Chicago’s 2016 Olympic Game Plan Includes $1 Billion Financial Safety Net

February 17, 2009

Chicago touted its financial strength in its 2016 Olympic bid Friday, with organizers saying they have at least a $1 billion safety net if the games exceed an estimated $4.8 billion price tag.

Chicago is competing against Tokyo, Madrid and Rio de Janeiro. The four cities submitted their bid files to the International Olympic Committee this week before making them public Friday.

“Our aspirations for welcoming the world to Chicago and the United States are represented in nearly 600 pages in this three-volume document,” said Chicago 2016 Chairman and CEO Patrick Ryan. Ryan is founding chairman of Aon Corp., the largest insurance broker, which is based in Chicago.

Chicago’s bid, supported by President Barack Obama, proposes centering the games along the city’s scenic lakefront. The IOC will choose the 2016 host city Oct. 2.

Chicago organizers said their financial safety net includes a $450 million “rainy day fund,” as much as $375 million in IOC cancellation insurance, another $500 million in insurance coverage — and a “last-resort” $500 million guarantee of taxpayer money from the city of Chicago.
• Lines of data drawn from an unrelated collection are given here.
-- ===== src/Acp/SessionList/Laws.antt =====
-- What a session list holds: the sessions of the pages that the cursors lead to, each once.
use acp_hub.Base.{
  ℕ, suc, ◌+◌, ◌≤◌, ◌<◌, ◌≡◌, refl, ap, sym, subst, ◌∙◌, true, false, List, [], ◌∷◌, Option, none,
  some, String, ltb, eqb, length, length-append, saturating_add, string_eq, arith, All, Bool-cases,
  Option-cases, inl, inr, ◌⊎◌, append-nil, usize_max,
}
use acp_hub.Acp.SessionList.{
  SessionListLimits, Fetched, fetched, fetch_failed, listed, ListError, Written, contains, Charged,
  charged, charge_failed, charge_session_page, add_sessions, collect_loop,
  collect_session_pages_with_limits,
}
use acp_hub.Acp.SessionList.Ids.{
  concat, has_id, DistinctIds, add_sessions-append, add_sessions-IsSeen, add_sessions-All,
  nil-IsSeen,
}

module _ {I E : Type 0} (session_id : I → String) (octets : String → ℕ)
    (written : List I → Option String → Written) (fetch : ℕ → Option String → Fetched I E)
    (limits : SessionListLimits) where
  -- The pages that the agent answers, from a call on, following its cursors up to a page without one.
  abbrev pub Chain : ℕ → Option String → List (List I) → Type 0
  Chain index cursor [] = ⊥
  Chain index cursor (page ∷ []) = fetch index cursor ≡ fetched page none
  Chain index cursor (page ∷ q ∷ pages) =
      (next : String) × (fetch index cursor ≡ fetched page (some next))
      × Chain (index + 1) (some next) (q ∷ pages)

  fetch_cases :
      (f : Fetched I E)
      → ((page : List I) × (next : Option String) × (f ≡ fetched page next))
        ⊎ ((e : E) × (f ≡ fetch_failed e))
  fetch_cases (fetched page next) = inl (page, next, refl)
  fetch_cases (fetch_failed e) = inr (e, refl)

  charge_cases :
      (c : Charged E) → ((n : ℕ) × (c ≡ charged n)) ⊎ ((e : ListError E) × (c ≡ charge_failed e))
  charge_cases (charged n) = inl (n, refl)
  charge_cases (charge_failed e) = inr (e, refl)

  Chain-next :
      (index : ℕ) (cursor : Option String) (page : List I) (pages : List (List I)) (next : String)
      → fetch index cursor ≡ fetched page (some next)
      → Chain (index + 1) (some next) pages
      → Chain index cursor (page ∷ pages)
  Chain-next index cursor page [] next f c = absurd c
  Chain-next index cursor page (q ∷ pages) next f c = (next, f, c)

  -- The list after a page without a cursor.
  last_page :
      (left index : ℕ) (cursor : Option String) (seen_cursors seen_sessions : List String)
      (received bytes bytes' : ℕ) (sessions out page : List I) (next_cursor : Option String)
      → collect_loop session_id octets written fetch limits
          (suc left)
          index
          cursor
          seen_cursors
          seen_sessions
          received
          bytes
          sessions
        ≡ listed out
      → fetch index cursor ≡ fetched page next_cursor
      → charge_session_page {E = E} (written page next_cursor) bytes limits.serialized_bytes
        ≡ charged bytes'
      → ltb limits.sessions (saturating_add received (length page)) ≡ false
      → next_cursor ≡ none
      → (add_sessions session_id sessions seen_sessions page).0 ≡ out
  unfolding collect_loop
  last_page left index cursor seen_cursors seen_sessions received bytes bytes' sessions out page
        next_cursor h f g few final =
      ground (arith, h, f, g, few, final)

  -- The rest of the loop after a page with a cursor.
  next_page :
      (left index : ℕ) (cursor : Option String) (seen_cursors seen_sessions : List String)
      (received bytes bytes' : ℕ) (sessions out page : List I) (next_cursor : Option String)
      (next : String)
      → collect_loop session_id octets written fetch limits
          (suc left)
          index
          cursor
          seen_cursors
          seen_sessions
          received
          bytes
          sessions
        ≡ listed out
      → fetch index cursor ≡ fetched page next_cursor
      → charge_session_page {E = E} (written page next_cursor) bytes limits.serialized_bytes
        ≡ charged bytes'
      → ltb limits.sessions (saturating_add received (length page)) ≡ false
      → next_cursor ≡ some next
      → collect_loop session_id octets written fetch limits left
          (index + 1)
          (some next)
          (next ∷ seen_cursors)
          (add_sessions session_id sessions seen_sessions page).1
          (saturating_add received (length page))
          bytes'
          (add_sessions session_id sessions seen_sessions page).0
        ≡ listed out
  unfolding collect_loop
  next_page left index cursor seen_cursors seen_sessions received bytes bytes' sessions out page
        next_cursor next h f g few more =
      elim (Bool-cases (ltb limits.cursor_bytes (octets next))) [
        | inl long ↦ absurd (ground (arith, h, f, g, few, more, long))
        | inr short ↦ elim (Bool-cases (contains next seen_cursors)) [
          | inl known ↦ absurd (ground (arith, h, f, g, few, more, short, known))
          | inr fresh ↦ elim (Bool-cases (eqb (index + 1) limits.pages)) [
            | inl over ↦ absurd (ground (arith, h, f, g, few, more, short, fresh, over))
            | inr under ↦ ground (arith, h, f, g, few, more, short, fresh, under)
          ]
        ]
      ]

  -- Where the loop ends with a list.
  collect_loop-Chain :
      (left index : ℕ) (cursor : Option String) (seen_cursors seen_sessions : List String)
      (received bytes : ℕ) (sessions out : List I)
      → limits.sessions < usize_max
      → collect_loop session_id octets written fetch limits left index cursor seen_cursors
          seen_sessions received bytes sessions
        ≡ listed out
      → (pages : List (List I)) × Chain index cursor pages
        × (out ≡ (add_sessions session_id sessions seen_sessions (concat pages)).0)
        × (received + length (concat pages) ≤ limits.sessions)
        × (length pages ≤ left)
  unfolding collect_loop
  collect_loop-Chain ℕ.zero index cursor seen_cursors seen_sessions received bytes sessions out
        small h =
      absurd (ground (arith, h))
  collect_loop-Chain (suc left) index cursor seen_cursors seen_sessions received bytes sessions out
        small h =
      elim (fetch_cases (fetch index cursor)) [
        | inr (e, f) ↦ absurd (ground (arith, h, f))
        | inl (page, next_cursor, f) ↦
            elim (charge_cases
              (charge_session_page (written page next_cursor) bytes limits.serialized_bytes)) [
                | inr (e, g) ↦ absurd (ground (arith, h, f, g))
                | inl (bytes', g) ↦
                    elim (Bool-cases
                      (ltb limits.sessions (saturating_add received (length page)))) [
                        | inl many ↦ absurd (ground (arith, h, f, g, many))
                        | inr few ↦ elim (Option-cases next_cursor) [
                          | inl final ↦
                              let one = append-nil page in
                              let sizes = ap length one in
                              (
                                page ∷ [],
                                f ∙ ap (fetched page) final,
                                sym (
                                      last_page left index cursor seen_cursors seen_sessions
                                        received bytes bytes' sessions out page next_cursor h f g
                                        few final)
                                    ∙ ap
                                        (λ ms.
                                          (add_sessions session_id sessions seen_sessions ms).0)
                                        (sym one),
                                ground (arith, few, small, sizes),
                                omega arith,
                              )
                          | inr (next, more) ↦
                              let added = add_sessions session_id sessions seen_sessions page in
                              let count : saturating_add received (length page)
                                  ≡ received + length page =
                                ground (arith, few, small) in
                              let (pages, chain, e, total, few_pages) =
                                collect_loop-Chain left (index + 1) (some next)
                                  (next ∷ seen_cursors) added.1
                                  (saturating_add received (length page)) bytes' added.0 out small
                                  (next_page left index cursor seen_cursors seen_sessions received
                                    bytes bytes' sessions out page next_cursor next h f g few
                                    more) in
                              let sizes = length-append page (concat pages) in
                              (
                                page ∷ pages,
                                Chain-next index cursor page pages next (f ∙ ap (fetched page) more)
                                    chain,
                                e
                                    ∙ ap (λ state. state.0)
                                        (sym (
                                          add_sessions-append session_id sessions seen_sessions page
                                            (concat pages))),
                                omega (arith, total, sizes, count),
                                omega (arith, few_pages),
                              )
                        ]
                      ]
              ]
      ]

  -- With a limit of sessions below the largest `usize`: what a session list returns are the sessions of the
  -- pages that the cursors of the agent lead to, up to the page without a cursor, the first one of each id.
  -- The ids are distinct, each session of a page is there by its id, and the limits on pages and sessions hold.
  pub collect_session_pages_lem :
      (out : List I)
      → limits.sessions < usize_max
      → collect_session_pages_with_limits session_id octets written fetch limits ≡ listed out
      → (pages : List (List I)) × Chain 0 none pages
        × (out ≡ (add_sessions session_id [] [] (concat pages)).0)
        × DistinctIds session_id out
        × All (λ a. has_id session_id (session_id a) out ≡ true) (concat pages)
        × (length (concat pages) ≤ limits.sessions)
        × (length pages ≤ limits.pages)
  unfolding collect_session_pages_with_limits
  collect_session_pages_lem out small h =
      let (pages, chain, e, total, few) =
        collect_loop-Chain limits.pages 0 none [] [] 0 0 [] out small h in
      let start = nil-IsSeen session_id in
      let seen = add_sessions-IsSeen session_id [] [] (concat pages) start in
      (
        pages,
        chain,
        e,
        subst (DistinctIds session_id) (sym e) seen.distinct,
        subst (λ l. All (λ a. has_id session_id (session_id a) l ≡ true) (concat pages)) (sym e)
            (add_sessions-All session_id [] [] (concat pages) start),
        omega (arith, total),
        few,
      )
Olympic games are notorious for going over budget. The 2012 Olympics in London will cost an estimated $16.5 billion, three times its original estimate.

Ryan said Olympic costs often rise when the scope and scale of venues change after a city gets the games, but he doesn’t expect that to happen in Chicago because he doesn’t expect plans for a $397 million Olympic stadium and a $976 million lakefront Olympic village to be altered.

Chicago’s Olympic organizers instead predicted a $500 million operating profit on the games that would run from July 22 to Aug. 7. The paralympics would run from Aug. 17 to Aug. 28.

Despite the rosy financial picture, the ongoing economic crisis cast its shadow on Chicago’s bid. Ryan has said the bid committee adjusted its surplus estimate from $725 million to $500 million because the sale price of the Olympic village to a real estate developer for mixed-use housing may not meet initial expectations.

But Ryan also said the committee’s expectation of $246 million in private donations is realistic, suggesting the plan can outlast the recession.

“We have seven years to raise the funds,” he said.

Chicago organizers are looking to collect $705 million from sales of 7.6 million tickets, as well as additional revenue from corporate suite and skybox sales. They’re also counting on $240 million in private donations that include non-Olympic related naming rights for permanent structures or other building projects.

Rob Baade, an economics professor at Lake Forest College, is skeptical of Chicago 2016’s revenue projections. He notes that studies of games in other cities have shown money pumped into the local economy is largely offset by decreased spending in the weeks before and after the games.

Baade said both tourists and residents stay home or go elsewhere, anticipating higher prices everywhere from restaurants to hotels in the weeks surrounding the Olympics.

“Summertime is the peak tourist time (in Chicago) so you have to look at people who might ordinarily go to the city don’t go because they don’t want to deal with crowds and congestion,” Baade said.

He also noted the Olympics mean more police on duty and increased government spending to handle a city teeming with visitors.

“That comes out of somebody’s budget,” he said.

Chicago is counting on the federal government to come up with the money, staff and equipment needed for Olympics security because it would be designated a national special security event. Organizers say the precedent was set at the Summer Games in Atlanta and Winter Games in Salt Lake City.

Organizers also anticipate federal and state money for transportation infrastructure improvements. Olympic officials had identified transportation as an area Chicago had to address in its bid.

“Chicago has very good rail right now, it’s just that it needs modernization,” Ryan said Friday.

Ryan even argued a worldwide recession could actually help keep Chicago’s Olympics cost in check. “Clearly, as a result of the recession, a lot of construction costs have come down,” Ryan said, pointing specifically to cement and steel prices.

The next major dates in Chicago’s Olympics quest are April 4-7, when the IOC’s evaluation commission is set to visit.

Organizers hope the IOC will be as impressed as the U.S. Olympic Committee seems to have been with a feature Chicagoans love to brag about: Lake Michigan. Chicago is emphasizing that most of its Olympic venues would be clustered along the sprawling lakefront, giving the games a vibrant core.

Organizers also take every opportunity to remind the IOC that Chicago is Obama’s home. The president has made no secret of his support for Chicago’s bid, which competitors can’t discount.

“I would have preferred that in the moment of the decision that (President) Bush would have been in office since he’s been so bad for the world,” Spanish Sports Minister Jaime Lissavetsky said earlier this month.